DATASET EXTRACT:

———

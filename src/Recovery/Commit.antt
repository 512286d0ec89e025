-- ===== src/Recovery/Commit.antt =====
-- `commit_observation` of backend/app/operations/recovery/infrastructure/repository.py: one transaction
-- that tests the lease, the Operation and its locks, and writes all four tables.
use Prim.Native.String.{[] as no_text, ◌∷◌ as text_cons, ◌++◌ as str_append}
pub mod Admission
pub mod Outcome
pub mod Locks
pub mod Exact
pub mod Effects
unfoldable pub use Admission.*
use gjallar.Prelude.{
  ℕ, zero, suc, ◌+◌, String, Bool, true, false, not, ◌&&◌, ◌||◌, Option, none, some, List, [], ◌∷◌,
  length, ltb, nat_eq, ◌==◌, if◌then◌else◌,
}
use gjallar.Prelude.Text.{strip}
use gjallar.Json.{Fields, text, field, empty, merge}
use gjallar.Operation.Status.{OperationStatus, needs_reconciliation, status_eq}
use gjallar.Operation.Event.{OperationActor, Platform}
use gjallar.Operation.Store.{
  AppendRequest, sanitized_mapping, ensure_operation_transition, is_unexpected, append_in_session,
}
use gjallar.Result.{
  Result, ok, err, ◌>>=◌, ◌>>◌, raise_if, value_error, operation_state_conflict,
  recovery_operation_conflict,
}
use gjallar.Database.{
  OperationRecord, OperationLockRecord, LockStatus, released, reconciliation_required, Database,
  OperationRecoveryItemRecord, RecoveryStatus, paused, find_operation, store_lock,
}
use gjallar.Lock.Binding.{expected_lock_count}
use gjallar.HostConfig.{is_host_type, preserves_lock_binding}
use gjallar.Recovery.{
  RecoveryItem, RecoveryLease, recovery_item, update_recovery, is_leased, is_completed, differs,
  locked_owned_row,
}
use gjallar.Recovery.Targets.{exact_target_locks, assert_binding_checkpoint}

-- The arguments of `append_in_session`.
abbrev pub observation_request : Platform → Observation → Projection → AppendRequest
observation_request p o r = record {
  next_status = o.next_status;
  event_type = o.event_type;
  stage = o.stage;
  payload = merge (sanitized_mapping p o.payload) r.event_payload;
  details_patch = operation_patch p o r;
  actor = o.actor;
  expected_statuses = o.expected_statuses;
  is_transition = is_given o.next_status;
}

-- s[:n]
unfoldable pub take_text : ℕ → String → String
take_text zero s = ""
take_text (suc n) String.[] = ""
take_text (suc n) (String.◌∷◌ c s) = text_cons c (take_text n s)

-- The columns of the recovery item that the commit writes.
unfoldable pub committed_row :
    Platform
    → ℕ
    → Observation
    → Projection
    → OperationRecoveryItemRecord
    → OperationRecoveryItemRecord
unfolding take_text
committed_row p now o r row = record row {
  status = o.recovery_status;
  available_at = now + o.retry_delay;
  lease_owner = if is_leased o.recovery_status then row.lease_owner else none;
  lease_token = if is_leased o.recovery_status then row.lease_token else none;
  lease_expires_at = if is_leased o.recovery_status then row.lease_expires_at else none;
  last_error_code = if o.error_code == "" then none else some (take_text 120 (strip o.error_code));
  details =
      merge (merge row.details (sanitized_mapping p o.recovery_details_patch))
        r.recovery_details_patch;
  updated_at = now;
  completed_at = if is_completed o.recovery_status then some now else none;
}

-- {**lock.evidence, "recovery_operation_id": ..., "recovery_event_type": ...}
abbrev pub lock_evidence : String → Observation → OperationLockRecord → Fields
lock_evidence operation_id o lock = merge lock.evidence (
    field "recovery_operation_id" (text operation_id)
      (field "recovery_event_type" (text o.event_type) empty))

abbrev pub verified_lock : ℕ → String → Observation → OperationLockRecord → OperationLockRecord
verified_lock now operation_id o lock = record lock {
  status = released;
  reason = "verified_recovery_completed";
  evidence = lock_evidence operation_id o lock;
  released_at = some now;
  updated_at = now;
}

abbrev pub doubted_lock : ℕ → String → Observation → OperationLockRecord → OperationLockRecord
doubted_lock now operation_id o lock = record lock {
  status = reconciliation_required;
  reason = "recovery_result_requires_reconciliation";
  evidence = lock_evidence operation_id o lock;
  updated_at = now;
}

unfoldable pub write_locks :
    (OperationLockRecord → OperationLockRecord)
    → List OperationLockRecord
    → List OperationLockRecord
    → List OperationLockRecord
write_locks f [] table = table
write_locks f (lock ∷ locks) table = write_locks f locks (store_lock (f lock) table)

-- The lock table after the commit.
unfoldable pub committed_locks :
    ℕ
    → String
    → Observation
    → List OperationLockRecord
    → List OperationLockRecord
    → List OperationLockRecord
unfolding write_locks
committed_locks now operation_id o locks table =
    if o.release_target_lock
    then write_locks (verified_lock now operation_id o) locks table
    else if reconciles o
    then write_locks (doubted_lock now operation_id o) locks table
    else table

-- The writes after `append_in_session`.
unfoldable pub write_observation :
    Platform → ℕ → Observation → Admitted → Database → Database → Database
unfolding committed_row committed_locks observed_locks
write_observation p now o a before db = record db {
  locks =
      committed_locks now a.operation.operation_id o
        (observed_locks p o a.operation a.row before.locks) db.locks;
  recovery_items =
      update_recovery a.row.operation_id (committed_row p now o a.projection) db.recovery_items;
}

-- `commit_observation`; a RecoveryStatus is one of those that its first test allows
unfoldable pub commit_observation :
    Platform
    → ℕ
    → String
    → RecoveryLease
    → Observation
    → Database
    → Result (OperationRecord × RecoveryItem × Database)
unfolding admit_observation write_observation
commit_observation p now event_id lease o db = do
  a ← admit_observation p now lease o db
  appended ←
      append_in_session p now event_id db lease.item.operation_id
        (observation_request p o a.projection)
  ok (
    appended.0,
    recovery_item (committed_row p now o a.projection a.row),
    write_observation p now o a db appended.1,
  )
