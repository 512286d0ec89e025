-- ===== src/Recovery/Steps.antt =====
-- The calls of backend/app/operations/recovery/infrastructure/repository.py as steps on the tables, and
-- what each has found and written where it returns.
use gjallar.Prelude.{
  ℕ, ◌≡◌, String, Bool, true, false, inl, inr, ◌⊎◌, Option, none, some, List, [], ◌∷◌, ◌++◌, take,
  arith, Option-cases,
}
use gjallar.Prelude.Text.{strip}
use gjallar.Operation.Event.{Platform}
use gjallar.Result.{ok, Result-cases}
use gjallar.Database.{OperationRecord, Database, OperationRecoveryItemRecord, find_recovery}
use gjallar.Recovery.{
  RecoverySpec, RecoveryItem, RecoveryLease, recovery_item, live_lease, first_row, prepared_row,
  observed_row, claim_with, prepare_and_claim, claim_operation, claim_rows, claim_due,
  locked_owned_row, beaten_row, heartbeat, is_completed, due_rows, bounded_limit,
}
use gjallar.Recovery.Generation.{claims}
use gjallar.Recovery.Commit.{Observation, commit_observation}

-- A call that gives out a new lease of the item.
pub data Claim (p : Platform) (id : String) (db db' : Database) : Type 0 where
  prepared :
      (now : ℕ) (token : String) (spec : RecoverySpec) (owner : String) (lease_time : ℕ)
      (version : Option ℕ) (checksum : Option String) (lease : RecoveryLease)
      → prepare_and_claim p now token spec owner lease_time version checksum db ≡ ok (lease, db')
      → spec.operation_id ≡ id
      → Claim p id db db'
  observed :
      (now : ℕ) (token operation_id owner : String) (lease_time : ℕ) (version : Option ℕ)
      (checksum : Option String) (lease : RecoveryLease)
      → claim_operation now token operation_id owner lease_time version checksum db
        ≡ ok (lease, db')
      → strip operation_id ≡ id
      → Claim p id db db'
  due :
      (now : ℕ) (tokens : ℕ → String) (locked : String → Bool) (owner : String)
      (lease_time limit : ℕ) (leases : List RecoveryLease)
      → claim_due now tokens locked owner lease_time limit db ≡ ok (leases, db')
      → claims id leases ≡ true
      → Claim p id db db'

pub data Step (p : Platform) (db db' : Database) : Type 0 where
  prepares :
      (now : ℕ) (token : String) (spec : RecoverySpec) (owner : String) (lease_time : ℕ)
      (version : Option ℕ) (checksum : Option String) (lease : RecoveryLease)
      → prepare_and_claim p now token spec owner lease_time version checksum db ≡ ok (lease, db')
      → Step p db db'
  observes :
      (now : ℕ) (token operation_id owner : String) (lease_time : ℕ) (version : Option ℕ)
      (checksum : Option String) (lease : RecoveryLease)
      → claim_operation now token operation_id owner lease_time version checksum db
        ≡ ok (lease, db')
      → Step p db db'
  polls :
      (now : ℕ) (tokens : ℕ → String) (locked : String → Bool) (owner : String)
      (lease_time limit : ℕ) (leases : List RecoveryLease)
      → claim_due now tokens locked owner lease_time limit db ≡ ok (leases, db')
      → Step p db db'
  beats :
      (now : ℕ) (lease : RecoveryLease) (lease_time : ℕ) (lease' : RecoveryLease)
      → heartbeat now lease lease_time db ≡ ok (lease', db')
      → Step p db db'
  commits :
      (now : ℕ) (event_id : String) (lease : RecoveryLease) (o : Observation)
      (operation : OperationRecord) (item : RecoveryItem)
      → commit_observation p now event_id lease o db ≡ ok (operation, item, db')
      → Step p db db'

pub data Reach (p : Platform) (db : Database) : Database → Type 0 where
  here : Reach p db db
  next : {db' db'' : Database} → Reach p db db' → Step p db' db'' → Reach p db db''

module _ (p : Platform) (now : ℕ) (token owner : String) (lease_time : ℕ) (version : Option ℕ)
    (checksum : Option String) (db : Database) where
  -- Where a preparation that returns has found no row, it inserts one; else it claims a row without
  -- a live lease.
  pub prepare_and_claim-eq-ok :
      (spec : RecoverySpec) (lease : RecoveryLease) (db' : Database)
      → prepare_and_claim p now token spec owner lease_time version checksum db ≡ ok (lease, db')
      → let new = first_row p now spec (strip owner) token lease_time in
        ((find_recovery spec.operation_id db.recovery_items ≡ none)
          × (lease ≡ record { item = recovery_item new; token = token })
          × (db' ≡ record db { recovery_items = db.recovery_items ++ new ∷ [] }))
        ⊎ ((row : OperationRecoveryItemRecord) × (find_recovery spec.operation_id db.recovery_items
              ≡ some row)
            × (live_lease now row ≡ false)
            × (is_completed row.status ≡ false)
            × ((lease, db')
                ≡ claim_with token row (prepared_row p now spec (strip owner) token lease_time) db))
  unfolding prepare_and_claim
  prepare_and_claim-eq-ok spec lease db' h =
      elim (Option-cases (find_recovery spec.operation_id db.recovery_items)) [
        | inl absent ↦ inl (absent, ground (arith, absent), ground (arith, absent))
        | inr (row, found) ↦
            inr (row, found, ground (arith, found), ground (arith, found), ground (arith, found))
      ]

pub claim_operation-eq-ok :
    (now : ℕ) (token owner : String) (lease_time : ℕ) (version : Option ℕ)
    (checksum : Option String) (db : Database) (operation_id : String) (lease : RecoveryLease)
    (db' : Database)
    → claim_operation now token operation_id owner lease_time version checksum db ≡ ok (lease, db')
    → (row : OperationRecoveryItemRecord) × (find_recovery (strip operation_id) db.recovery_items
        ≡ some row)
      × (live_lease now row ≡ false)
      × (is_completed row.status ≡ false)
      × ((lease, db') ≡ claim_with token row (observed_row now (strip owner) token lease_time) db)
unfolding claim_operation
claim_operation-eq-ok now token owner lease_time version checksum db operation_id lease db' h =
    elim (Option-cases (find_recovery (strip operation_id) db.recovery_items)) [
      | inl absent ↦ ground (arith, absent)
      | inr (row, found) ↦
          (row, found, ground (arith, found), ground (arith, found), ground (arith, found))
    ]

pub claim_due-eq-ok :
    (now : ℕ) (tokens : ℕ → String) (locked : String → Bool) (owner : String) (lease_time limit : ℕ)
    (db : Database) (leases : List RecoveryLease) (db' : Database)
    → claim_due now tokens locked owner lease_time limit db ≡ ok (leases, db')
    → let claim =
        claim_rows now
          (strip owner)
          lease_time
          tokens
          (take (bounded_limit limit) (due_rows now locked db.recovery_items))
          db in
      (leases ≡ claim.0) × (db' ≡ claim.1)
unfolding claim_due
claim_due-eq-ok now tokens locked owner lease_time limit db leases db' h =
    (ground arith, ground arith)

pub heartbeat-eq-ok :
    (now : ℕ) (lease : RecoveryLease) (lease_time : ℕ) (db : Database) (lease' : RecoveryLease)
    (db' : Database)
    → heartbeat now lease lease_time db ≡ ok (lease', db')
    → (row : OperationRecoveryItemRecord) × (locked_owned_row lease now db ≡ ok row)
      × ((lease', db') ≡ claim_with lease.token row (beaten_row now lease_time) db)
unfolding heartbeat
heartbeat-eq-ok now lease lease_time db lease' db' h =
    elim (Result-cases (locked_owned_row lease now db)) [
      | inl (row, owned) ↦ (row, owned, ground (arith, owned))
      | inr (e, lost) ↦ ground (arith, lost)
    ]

———

WHAT THE EXERCISE ASKS:
What is asked for is an exact copy of the lines above from the one containing "take_text (suc n) (String.◌∷◌" through the one containing "-- The lock table after the commit.", and only those.

RESULT OF THIS TASK:
take_text (suc n) (String.◌∷◌ c s) = text_cons c (take_text n s)

-- The columns of the recovery item that the commit writes.
unfoldable pub committed_row :
    Platform
    → ℕ
    → Observation
    → Projection
    → OperationRecoveryItemRecord
    → OperationRecoveryItemRecord
unfolding take_text
committed_row p now o r row = record row {
  status = o.recovery_status;
  available_at = now + o.retry_delay;
  lease_owner = if is_leased o.recovery_status then row.lease_owner else none;
  lease_token = if is_leased o.recovery_status then row.lease_token else none;
  lease_expires_at = if is_leased o.recovery_status then row.lease_expires_at else none;
  last_error_code = if o.error_code == "" then none else some (take_text 120 (strip o.error_code));
  details =
      merge (merge row.details (sanitized_mapping p o.recovery_details_patch))
        r.recovery_details_patch;
  updated_at = now;
  completed_at = if is_completed o.recovery_status then some now else none;
}

-- {**lock.evidence, "recovery_operation_id": ..., "recovery_event_type": ...}
abbrev pub lock_evidence : String → Observation → OperationLockRecord → Fields
lock_evidence operation_id o lock = merge lock.evidence (
    field "recovery_operation_id" (text operation_id)
      (field "recovery_event_type" (text o.event_type) empty))

abbrev pub verified_lock : ℕ → String → Observation → OperationLockRecord → OperationLockRecord
verified_lock now operation_id o lock = record lock {
  status = released;
  reason = "verified_recovery_completed";
  evidence = lock_evidence operation_id o lock;
  released_at = some now;
  updated_at = now;
}

abbrev pub doubted_lock : ℕ → String → Observation → OperationLockRecord → OperationLockRecord
doubted_lock now operation_id o lock = record lock {
  status = reconciliation_required;
  reason = "recovery_result_requires_reconciliation";
  evidence = lock_evidence operation_id o lock;
  updated_at = now;
}

unfoldable pub write_locks :
    (OperationLockRecord → OperationLockRecord)
    → List OperationLockRecord
    → List OperationLockRecord
    → List OperationLockRecord
write_locks f [] table = table
write_locks f (lock ∷ locks) table = write_locks f locks (store_lock (f lock) table)

-- The lock table after the commit.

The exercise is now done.